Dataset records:
■ ■ ■ ■
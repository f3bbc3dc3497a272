-- ===== src/Config/Erased.antt =====
-- What erases a server from a list keeps the configuration well-formed, where it returns.
use nrp_reference.Base.{
  ℕ, zero, suc, ◌<◌, ◌≡◌, refl, sym, ◌∙◌, subst, inl, inr, Bool, true, false, Option, none, some,
  Outcome, ok, ◌>>=◌, >>=-eq-ok, arith, length, All, Bool-cases, Option-cases,
}
use nrp_reference.ServerRecord.{ServerRecord, server_eq}
use nrp_reference.Config.State.{Config}
use nrp_reference.Config.Lists.{
  deref, prev, erase_at, remove, index_after_remove, find_index, index_after_erase,
}
use nrp_reference.Config.Servers.{active_server_count}
use nrp_reference.Config.Sorted.{IsSorted, erase_at-IsSorted, All-erase_at}
use nrp_reference.Config.Update.{
  decrement_count, increment_count, erase_probationary, remove_probationary, erase_active,
  remove_active, is_at, drop_server,
}
use nrp_reference.Config.Promotion.{erase_probationary-at}
use nrp_reference.Config.Valid.{HasAddress, IsIn, IsValid}
use nrp_reference.Config.Indices.{IsIn-erase_at, IsIn-erase_other, IsIn-remove, All-remove}

-- The lists and the iterators are the same.
pub record SameLists (c d : Config) : Type 0 where
  pub active : d.active_servers ≡ c.active_servers
  pub probationary : d.probationary_servers ≡ c.probationary_servers
  pub configured : d.configured_servers ≡ c.configured_servers
  pub active_iterator : d.active_iterator ≡ c.active_iterator
  pub probationary_iterator : d.probationary_iterator ≡ c.probationary_iterator

pub SameLists-IsValid : (c d : Config) → SameLists c d → IsValid c → IsValid d
SameLists-IsValid c d e v = record {
  sorted = subst IsSorted (sym e.active) v.sorted;
  active_in = rw (e.active_iterator, e.active) v.active_in;
  probationary_in = rw (e.probationary_iterator, e.probationary) v.probationary_in;
  active = subst (All HasAddress) (sym e.active) v.active;
  probationary = subst (All HasAddress) (sym e.probationary) v.probationary;
  configured = subst (All HasAddress) (sym e.configured) v.configured;
}

pub increment_count-SameLists : (b : Bool) (c : Config) → SameLists c (increment_count b c)
unfolding increment_count
increment_count-SameLists true c = record {
  active = refl;
  probationary = refl;
  configured = refl;
  active_iterator = refl;
  probationary_iterator = refl;
}
increment_count-SameLists false c = record {
  active = refl;
  probationary = refl;
  configured = refl;
  active_iterator = refl;
  probationary_iterator = refl;
}

decrement_count-SameLists : (b : Bool) (c : Config) → SameLists c (decrement_count b c)
unfolding decrement_count
decrement_count-SameLists true c = record {
  active = refl;
  probationary = refl;
  configured = refl;
  active_iterator = refl;
  probationary_iterator = refl;
}
decrement_count-SameLists false c = record {
  active = refl;
  probationary = refl;
  configured = refl;
  active_iterator = refl;
  probationary_iterator = refl;
}

pub active_server_count-SameLists : (c : Config) (t : ℕ) → SameLists c (active_server_count c t).0
unfolding active_server_count
active_server_count-SameLists c t = record {
  active = ground arith;
  probationary = ground arith;
  configured = ground arith;
  active_iterator = ground arith;
  probationary_iterator = ground arith;
}

-- The erasures, where they return.
erase_probationary_at :
    (c d : Config) (i : ℕ) (m : Outcome ℕ)
    → c.probationary_iterator ≡ some i
    → prev i ≡ m
    → (m >>= λ j. ok (record c {
      probationary_servers = erase_at i c.probationary_servers;
      probationary_iterator = some j;
    }))
      ≡ ok d
    → IsValid c
    → IsValid d
unfolding prev
erase_probationary_at c d zero m at before h v = ground arith
erase_probationary_at c d (suc i) m at before h v =
    let within : suc i < length c.probationary_servers =
      subst (λ o. IsIn o c.probationary_servers) at v.probationary_in in
    let w : IsValid (record c {
      probationary_servers = erase_at (suc i) c.probationary_servers;
      probationary_iterator = some i;
    }) =
      record {
        sorted = v.sorted;
        active_in = v.active_in;
        probationary_in = IsIn-erase_at (suc i) i c.probationary_servers refl within;
        active = v.active;
        probationary = All-erase_at HasAddress (suc i) c.probationary_servers v.probationary;
        configured = v.configured;
      } in
    subst IsValid (ground arith) w

pub erase_probationary-IsValid :
    (c d : Config) → erase_probationary c ≡ ok d → IsValid c → IsValid d
unfolding erase_probationary
erase_probationary-IsValid c d h v = elim (Option-cases c.probationary_iterator) [
  | inl end ↦ ground arith
  | inr (i, at) ↦
      erase_probationary_at c d i (prev i) at refl (sym (erase_probationary-at c i at) ∙ h) v
]

erase_active_at :
    (c d : Config) (i : ℕ) (m : Outcome ℕ)
    → c.active_iterator ≡ some i
    → prev i ≡ m
    → (m >>= λ j.
        ok (record c { active_servers = erase_at i c.active_servers; active_iterator = some j }))
      ≡ ok d
    → IsValid c
    → IsValid d
unfolding prev
erase_active_at c d zero m at before h v = ground arith
erase_active_at c d (suc i) m at before h v =
    let within : suc i < length c.active_servers =
      subst (λ o. IsIn o c.active_servers) at v.active_in in
    let w : IsValid (record c {
      active_servers = erase_at (suc i) c.active_servers;
      active_iterator = some i;
    }) =
      record {
        sorted = erase_at-IsSorted (suc i) c.active_servers v.sorted;
        active_in = IsIn-erase_at (suc i) i c.active_servers refl within;
        probationary_in = v.probationary_in;
        active = All-erase_at HasAddress (suc i) c.active_servers v.active;
        probationary = v.probationary;
        configured = v.configured;
      } in
    subst IsValid (ground arith) w

pub erase_active-at :
    (c : Config) (i : ℕ)
    → c.active_iterator ≡ some i
    → erase_active c ≡ (
        prev i >>= λ j.
        ok (record c { active_servers = erase_at i c.active_servers; active_iterator = some j }))
unfolding erase_active
erase_active-at c i at = rw at refl

erase_active-IsValid : (c d : Config) → erase_active c ≡ ok d → IsValid c → IsValid d
unfolding erase_active
erase_active-IsValid c d h v = elim (Option-cases c.active_iterator) [
  | inl end ↦ ground arith
  | inr (i, at) ↦ erase_active_at c d i (prev i) at refl (sym (erase_active-at c i at) ∙ h) v
]

removed_probationary :
    (serv : ServerRecord) (c : Config) (o : Option ℕ)
    → IsIn o (remove serv c.probationary_servers)
    → IsValid c
    → IsValid (record c {
      probationary_servers = remove serv c.probationary_servers;
      probationary_iterator = o;
    })
removed_probationary serv c o within v = record {
  sorted = v.sorted;
  active_in = v.active_in;
  probationary_in = within;
  active = v.active;
  probationary = All-remove HasAddress serv c.probationary_servers v.probationary;
  configured = v.configured;
}

pub remove_probationary-IsValid :
    (serv : ServerRecord) (c d : Config) → remove_probationary serv c ≡ ok d → IsValid c → IsValid d
unfolding remove_probationary
remove_probationary-IsValid serv c d h v = elim (Option-cases c.probationary_iterator) [
  | inl end ↦ subst IsValid (ground arith) (removed_probationary serv c none tt v)
  | inr (i, at) ↦ elim (Option-cases (index_after_remove serv i c.probationary_servers)) [
    | inl gone ↦ ground arith
    | inr (j, kept) ↦
        let within : i < length c.probationary_servers =
          subst (λ o. IsIn o c.probationary_servers) at v.probationary_in in
        subst IsValid (ground arith) (
          removed_probationary serv c (some j)
            (IsIn-remove serv i j c.probationary_servers kept within) v)
  ]
]

remove_active-IsValid :
    (serv : ServerRecord) (c d : Config) → remove_active serv c ≡ ok d → IsValid c → IsValid d
unfolding remove_active
remove_active-IsValid serv c d h v = elim (Option-cases (find_index serv c.active_servers)) [
  | inl missing ↦ subst IsValid (ground arith) v
  | inr (j, found) ↦ elim (Bool-cases (is_at j c.active_iterator)) [
    | inl here ↦ ground arith
    | inr elsewhere ↦
        let w : IsValid (record c {
          active_servers = erase_at j c.active_servers;
          active_iterator = index_after_erase j c.active_iterator;
        }) =
          record {
            sorted = erase_at-IsSorted j c.active_servers v.sorted;
            active_in =
                IsIn-erase_other c.active_iterator serv j c.active_servers found elsewhere
                  v.active_in;
            probationary_in = v.probationary_in;
            active = All-erase_at HasAddress j c.active_servers v.active;
            probationary = v.probationary;
            configured = v.configured;
          } in
        subst IsValid (ground arith) w
  ]
]

pub drop_server-IsValid :
    (serv : ServerRecord) (c d : Config) → drop_server serv c ≡ ok d → IsValid c → IsValid d
unfolding drop_server
drop_server-IsValid serv c d h v =
    let counted : IsValid (decrement_count serv.ipv6 c) =
      SameLists-IsValid c (decrement_count serv.ipv6 c) (decrement_count-SameLists serv.ipv6 c) v in
    elim (Bool-cases serv.probationary) [
      | inl trial ↦
          let (at, found, rest) =
            >>=-eq-ok (deref c.probationary_servers c.probationary_iterator) _ (simp trial at h) in
          elim (Bool-cases (server_eq serv at)) [
            | inl same ↦
                erase_probationary-IsValid (decrement_count serv.ipv6 c) d (simp same at rest)
                  counted
            | inr other ↦ remove_probationary-IsValid serv c d (simp other at rest) v
          ]
      | inr settled ↦
          let (at, found, rest) =
            >>=-eq-ok (deref c.active_servers c.active_iterator) _ (simp settled at h) in
          elim (Bool-cases (server_eq serv at)) [
            | inl same ↦
                erase_active-IsValid (decrement_count serv.ipv6 c) d (simp same at rest) counted
            | inr other ↦ remove_active-IsValid serv c d (simp other at rest) v
          ]
    ]
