-- ===== src/Config/Dropped.antt =====
-- `IncrementServerFailCount` on a server that failed too often and that `GetNextServer` has just returned.
use nrp_reference.Base.{
  ℕ, zero, suc, ◌≤◌, ◌≡◌, refl, ap, ◌∙◌, Bool, true, false, List, some, Outcome, ok, undefined,
  arith, set, leb,
}
use nrp_reference.Base.Int.{pos, ◌-ℤ◌}
use nrp_reference.Base.{if◌then◌else◌, inl, inr, Bool-cases}
use nrp_reference.MruCache
use nrp_reference.ServerRecord.{ServerRecord, server_eq}
use nrp_reference.Config.State.{Config}
use nrp_reference.Config.Lists.{deref, erase_at, prev}
use nrp_reference.Config.Servers.{ServerRef, in_active, in_probationary}
use nrp_reference.Config.Update.{
  load, store, decrement_count, erase_probationary, erase_active, drop_server,
  increment_server_fail_count,
}
use nrp_reference.Config.Failures.{failed_record, failed_config, increment_server_fail_count_lem}
use nrp_reference.Config.Erased.{erase_active-at}
use nrp_reference.Config.Promotion.{server_eq_refl, deref-set, erase_at-set, erase_probationary-at}

-- The configuration once the server is banned, with the count of active servers of its family one less.
abbrev pub given_up : Config → ServerRecord → ℕ → ℕ → Config
given_up c old now ban_time = record c {
  banned_servers = MruCache.add server_eq c.banned_servers (failed_record old now) ban_time;
  count_ip6_servers = if old.ipv6 then c.count_ip6_servers -ℤ pos 1 else c.count_ip6_servers;
  count_ip4_servers = if old.ipv6 then c.count_ip4_servers else c.count_ip4_servers -ℤ pos 1;
}

decrement_count-given_up :
    (c : Config) (old : ServerRecord) (now ban_time : ℕ)
    → decrement_count old.ipv6 (record c {
      banned_servers = MruCache.add server_eq c.banned_servers (failed_record old now) ban_time;
    })
      ≡ given_up c old now ban_time
unfolding decrement_count
decrement_count-given_up c old now ban_time = elim (Bool-cases old.ipv6) [
  | inl six ↦ simp six refl
  | inr four ↦ simp four refl
]

-- The server is erased from its place on probation, or from the set. There is no place before the first.
abbrev pub without_probationary : Config → Config → ℕ → Outcome Config
without_probationary c d zero = undefined
without_probationary c d (suc j) = ok (record d {
  probationary_servers = erase_at (suc j) c.probationary_servers;
  probationary_iterator = some j;
})

abbrev pub without_active : Config → Config → ℕ → Outcome Config
without_active c d zero = undefined
without_active c d (suc j) =
    ok (record d { active_servers = erase_at (suc j) c.active_servers; active_iterator = some j })

-- A server fails for the fourth time or later: what is left to do is to drop it.
failed_too_often :
    (c : Config) (ref : ServerRef) (old : ServerRecord) (now ban_time : ℕ)
    → load c ref ≡ ok old
    → 3 ≤ old.failure_count
    → increment_server_fail_count c ref now ban_time
      ≡ drop_server (failed_record old now) (failed_config c ref old now ban_time)
failed_too_often c ref old now ban_time found often =
    let too_often : leb 3 old.failure_count ≡ true = ground arith in
    increment_server_fail_count_lem c ref old now ban_time found ∙ simp too_often refl

-- On probation.
decrement_count-probationary :
    (b : Bool) (c : Config) (ps : List ServerRecord)
    → decrement_count b (record c { probationary_servers = ps })
      ≡ record (decrement_count b c) { probationary_servers = ps }
unfolding decrement_count
decrement_count-probationary true c ps = refl
decrement_count-probationary false c ps = refl

decrement_count-probationary_iterator :
    (b : Bool) (c : Config) → (decrement_count b c).probationary_iterator ≡ c.probationary_iterator
unfolding decrement_count
decrement_count-probationary_iterator true c = refl
decrement_count-probationary_iterator false c = refl

erase-without_probationary :
    (c d : Config) (i : ℕ) (serv : ServerRecord)
    → d.probationary_iterator ≡ some i
    → erase_probationary (record d { probationary_servers = set c.probationary_servers i serv })
      ≡ without_probationary c d i
unfolding prev
erase-without_probationary c d zero serv at =
    erase_probationary-at (record d { probationary_servers = set c.probationary_servers 0 serv }) 0
      at
erase-without_probationary c d (suc j) serv at =
    erase_probationary-at
      (record d { probationary_servers = set c.probationary_servers (suc j) serv }) (suc j) at
    ∙ ap (λ ps. ok (record d { probationary_servers = ps; probationary_iterator = some j }))
        (erase_at-set c.probationary_servers (suc j) serv)

drop_server-at_probationary :
    (serv : ServerRecord) (c : Config)
    → serv.probationary ≡ true
    → deref c.probationary_servers c.probationary_iterator ≡ ok serv
    → drop_server serv c ≡ erase_probationary (decrement_count serv.ipv6 c)
unfolding drop_server
drop_server-at_probationary serv c trial at = simp (trial, at, server_eq_refl serv) refl

-- A server on probation that fails for the fourth time in a row or later, while the iterator is on it as
-- `GetNextServer` left it, is banned and erased from the list, whose iterator goes back by one place; if it is
-- the first of the list, there is no such place and the behaviour is undefined. The count of active servers
-- of its family goes down by one, although it was none of them.
pub increment_server_fail_count-dropped :
    (c : Config) (i : ℕ) (old : ServerRecord) (now ban_time : ℕ)
    → load c (in_probationary i) ≡ ok old
    → c.probationary_iterator ≡ some i
    → old.probationary ≡ true
    → 3 ≤ old.failure_count
    → increment_server_fail_count c (in_probationary i) now ban_time
      ≡ without_probationary c (given_up c old now ban_time) i
unfolding load store
increment_server_fail_count-dropped c i old now ban_time found at trial often =
    let serv = failed_record old now in
    let ps = set c.probationary_servers i serv in
    let value : deref ps c.probationary_iterator ≡ ok serv =
      ap (deref ps) at ∙ deref-set c.probationary_servers i old serv found in
    let banned : Config = record c {
      banned_servers = MruCache.add server_eq c.banned_servers serv ban_time;
    } in
    failed_too_often c (in_probationary i) old now ban_time found often
    ∙ (drop_server-at_probationary serv (failed_config c (in_probationary i) old now ban_time) trial
          value
        ∙ (ap erase_probationary (decrement_count-probationary old.ipv6 banned ps)
            ∙ (erase-without_probationary c (decrement_count old.ipv6 banned) i serv
                  (decrement_count-probationary_iterator old.ipv6 banned ∙ at)
                ∙ ap (λ d. without_probationary c d i)
                    (decrement_count-given_up c old now ban_time))))

-- In the set of active servers.
decrement_count-active :
    (b : Bool) (c : Config) (ss : List ServerRecord)
    → decrement_count b (record c { active_servers = ss })
      ≡ record (decrement_count b c) { active_servers = ss }
unfolding decrement_count
decrement_count-active true c ss = refl
decrement_count-active false c ss = refl

decrement_count-active_iterator :
    (b : Bool) (c : Config) → (decrement_count b c).active_iterator ≡ c.active_iterator
unfolding decrement_count
decrement_count-active_iterator true c = refl
decrement_count-active_iterator false c = refl

erase-without_active :
    (c d : Config) (i : ℕ) (serv : ServerRecord)
    → d.active_iterator ≡ some i
    → erase_active (record d { active_servers = set c.active_servers i serv })
      ≡ without_active c d i
unfolding prev
erase-without_active c d zero serv at =
    erase_active-at (record d { active_servers = set c.active_servers 0 serv }) 0 at
erase-without_active c d (suc j) serv at =
    erase_active-at (record d { active_servers = set c.active_servers (suc j) serv }) (suc j) at
    ∙ ap (λ ss. ok (record d { active_servers = ss; active_iterator = some j }))
        (erase_at-set c.active_servers (suc j) serv)

drop_server-at_active :
    (serv : ServerRecord) (c : Config)
    → serv.probationary ≡ false
    → deref c.active_servers c.active_iterator ≡ ok serv
    → drop_server serv c ≡ erase_active (decrement_count serv.ipv6 c)
unfolding drop_server
drop_server-at_active serv c settled at = simp (settled, at, server_eq_refl serv) refl

-- An active server that fails for the fourth time in a row or later, while the iterator is on it as
-- `GetNextServer` left it, is banned and erased from the set, whose iterator goes back by one place, and the count
-- of its family goes down by one; if it is the first of the set, there is no such place and the behaviour is
-- undefined.
pub increment_server_fail_count-dropped_active :
    (c : Config) (i : ℕ) (old : ServerRecord) (now ban_time : ℕ)
    → load c (in_active i) ≡ ok old
    → c.active_iterator ≡ some i
    → old.probationary ≡ false
    → 3 ≤ old.failure_count
    → increment_server_fail_count c (in_active i) now ban_time
      ≡ without_active c (given_up c old now ban_time) i
unfolding load store
increment_server_fail_count-dropped_active c i old now ban_time found at settled often =
    let serv = failed_record old now in
    let ss = set c.active_servers i serv in
    let value : deref ss c.active_iterator ≡ ok serv =
      ap (deref ss) at ∙ deref-set c.active_servers i old serv found in
    let banned : Config = record c {
      banned_servers = MruCache.add server_eq c.banned_servers serv ban_time;
    } in
    failed_too_often c (in_active i) old now ban_time found often
    ∙ (drop_server-at_active serv (failed_config c (in_active i) old now ban_time) settled value
        ∙ (ap erase_active (decrement_count-active old.ipv6 banned ss)
            ∙ (erase-without_active c (decrement_count old.ipv6 banned) i serv
                  (decrement_count-active_iterator old.ipv6 banned ∙ at)
                ∙ ap (λ d. without_active c d i) (decrement_count-given_up c old now ban_time))))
■ ■ ■ ■
**The task:**
Which lines run from the one holding "ref ≡ ok old" through the one holding "decrement_count-probationary_iterator true c" in the records above? Repeat them exactly, both included, and nothing more.

**Answer for the task:**
    → load c ref ≡ ok old
    → 3 ≤ old.failure_count
    → increment_server_fail_count c ref now ban_time
      ≡ drop_server (failed_record old now) (failed_config c ref old now ban_time)
failed_too_often c ref old now ban_time found often =
    let too_often : leb 3 old.failure_count ≡ true = ground arith in
    increment_server_fail_count_lem c ref old now ban_time found ∙ simp too_often refl

-- On probation.
decrement_count-probationary :
    (b : Bool) (c : Config) (ps : List ServerRecord)
    → decrement_count b (record c { probationary_servers = ps })
      ≡ record (decrement_count b c) { probationary_servers = ps }
unfolding decrement_count
decrement_count-probationary true c ps = refl
decrement_count-probationary false c ps = refl

decrement_count-probationary_iterator :
    (b : Bool) (c : Config) → (decrement_count b c).probationary_iterator ≡ c.probationary_iterator
unfolding decrement_count
decrement_count-probationary_iterator true c = refl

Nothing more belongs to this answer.